The main products of cement hydration reactions are calcium silicate hydrate and calcium hydroxide (abbreviated CSH and CH, respectively). CSH is largely responsible for building concrete’s most important engineering property – strength.

The term pozzolanic describes a material that displays little to no cementitious behavior when mixed with water alone. Alternatively, it chemically reacts and displays cementitious characteristics in the presence of water and other compounds. Pozzolanic substances act as cementing ingredients while consuming less-desirable material and contributing to the hardening cement paste matrix. The readiness and duration of the reaction over time is referred to as its pozzolanic activity. Similar to portland cement’s reactivity and behavior, pozzolanic activity is also based on the source of the material, its chemical makeup, the particle sizes and the material’s Blaine Fineness.1

Fly ash basics

Fly ash is a pozzolanic SCM and a byproduct of coal combustion. It is most commonly produced by coal-fired electric power plants. Depending on the makeup of the coal from which it originates, fly ash is categorized as either Class C or Class F, in accordance with ASTM C618.2 These categories are dictated by the amount of silicon dioxide, aluminum oxide and iron oxide in the ash, which influences the material’s behavior in concrete.

Fly ash particles are mostly solid and spherical, but some are hollow shells that contain smaller solid spheres of fly ash. Particles range in size from less than 1 micrometer to more than 100 micrometers. The average size of a fly ash particle is about 10 micrometers, or 1/10 the thickness of a standard piece of printer paper. Only a small portion of particles exceed 45 micrometers.

“The particles are very fine,” said Craig Wallace, technical director with Headwaters Resources. “The average size of a fly ash particle is about 1/10 the size of a particle of cement. By using fly ash you can increase the density of the cement paste. [The particles] fill the voids and increase the density of the paste, which makes it more impermeable.”

In the presence of water, these fly ash particles react with CH produced by cement hydration and replace it with the stronger, more desirable CSH. As cement hydration continues, more CSH and CH is produced. As long as the reactants are available in suitable quantities and other environmental factors are favorable, fly ash will continue to react with CH and create more CSH, adding strength to the concrete matrix.

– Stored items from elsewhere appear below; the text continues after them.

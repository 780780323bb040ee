-- ===== src/Algorithms/Strategy/Terminal.antt =====
-- The end of a strategy's life (src/algorithms/strategy.py).
use algo_engine.Prelude.{◌≡◌, refl, ◌∙◌, List, [], ◌∷◌}
use algo_engine.Prelude.Eq.{Eq}
use algo_engine.Data.Aggregator.Bars.{Bar}
use algo_engine.Trading.Market.{Tick}
use algo_engine.Trading.Order.{Fill}
use algo_engine.Algorithms.Strategy.{
  take_tick, take_fill, stopped, Strategy, start, pause, resume, stop, take_bar, submit_order,
  no_order,
}

-- What happens to a strategy.
pub data Event (S D : Type 0) : Type 0 where
  starts pauses resumes stops : Event S D
  gets_bar : Bar S D → Event S D
  gets_tick : Tick S D → Event S D
  gets_fill : Fill S D → Event S D

module _ {S D : Type 0} ⦃eq : Eq S⦄ where
  unfoldable pub happen : Event S D → Strategy S D → Strategy S D
  unfolding start pause resume stop take_bar take_tick take_fill
  happen starts s = start s
  happen pauses s = pause s
  happen resumes s = resume s
  happen stops s = stop s
  happen (gets_bar b) s = take_bar b s
  happen (gets_tick t) s = take_tick t s
  happen (gets_fill g) s = take_fill g s

  abbrev pub happen_all : List (Event S D) → Strategy S D → Strategy S D
  happen_all [] s = s
  happen_all (x ∷ xs) s = happen_all xs (happen x s)

  happen_stopped :
      (x : Event S D) (s : Strategy S D)
      → s.state ≡ stopped
      → ((happen x s).state ≡ stopped)
        × ((happen x s).bars ≡ s.bars)
        × ((happen x s).latest_ticks ≡ s.latest_ticks)
  unfolding happen
  happen_stopped starts s h = rw (h, happen, start) (refl, refl, refl)
  happen_stopped pauses s h = rw (h, happen, pause) (refl, refl, refl)
  happen_stopped resumes s h = rw (h, happen, resume) (refl, refl, refl)
  happen_stopped stops s h = (refl, refl, refl)
  happen_stopped (gets_bar b) s h = rw (h, happen, take_bar) (refl, refl, refl)
  happen_stopped (gets_tick t) s h = rw (h, happen, take_tick) (refl, refl, refl)
  happen_stopped (gets_fill g) s h = (h, refl, refl)

  -- A strategy that is stopped stays stopped, keeps the bars and the latest ticks that it has and refuses
  -- orders, whatever starts, pauses, resumes, stops, bars, ticks and fills come after it.
  pub happen_all_stopped :
      (xs : List (Event S D)) (s : Strategy S D)
      → s.state ≡ stopped
      → ((happen_all xs s).state ≡ stopped)
        × ((happen_all xs s).bars ≡ s.bars)
        × ((happen_all xs s).latest_ticks ≡ s.latest_ticks)
        × (submit_order (happen_all xs s) ≡ no_order)
  unfolding submit_order
  happen_all_stopped [] s h = (h, refl, refl, rw (h, submit_order) refl)
  happen_all_stopped (x ∷ xs) s h =
      let (still, same, same') = happen_stopped x s h in
      let (a, b, c, d) = happen_all_stopped xs (happen x s) still in (a, b ∙ same, c ∙ same', d)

Fly ash is used as a partial replacement for portland cement at a rate of 15% to 40% by mass of cementitious material for Class C ash, and 15% to 25% by mass of cementitious material for Class F ash. In some cases, fly ash can be used in excess of 40% by mass of cementitious content.

Fly ash generally lowers air content in a mix design, requiring a higher dosage of air-entraining admixture. How much air-entraining admixture will be needed is highly dependent on the fly ash’s carbon content, as well as its alkali content and fineness. According to Portland Cement Association’s Design and Control of Concrete Mixtures, “Increases in alkali contents decrease air-entraining admixture dosage requirements, while increases in the fineness and carbon content typically require an increase in dosage requirements. A Class F fly ash with high carbon content may increase the required admixture dosage by as much as 5 times compared to a portland cement concrete without fly ash. A Class C fly ash with low carbon content typically requires 20% to 30% more admixture.”

Good quality fly ash generally reduces water demand, similar to liquid chemical water reducers. The PCA document, “Optimizing the Use of Fly Ash in Concrete,” states: “Although the exact amount of water reduction varies widely with the nature of the fly ash and other parameters of the mix, a gross approximation is that each 10% of fly ash should allow a water reduction of at least 3%.”

It also states: “Coarser fly ashes or those with high levels of carbon generally produce a smaller reduction in water demand and some may even increase water demand.”

The implication is that decreased water demand can provide the same slump using less water, or can increase slump when using the same amount of water.

“It decreases water demand to obtain the same workable slump,” explains Wallace. “So if you get a 6-inch slump at 0.45 with cement, if you replace 25% of that cement with fly ash, you could obtain the same slump with about a 0.43 water to cementitious materials ratio.”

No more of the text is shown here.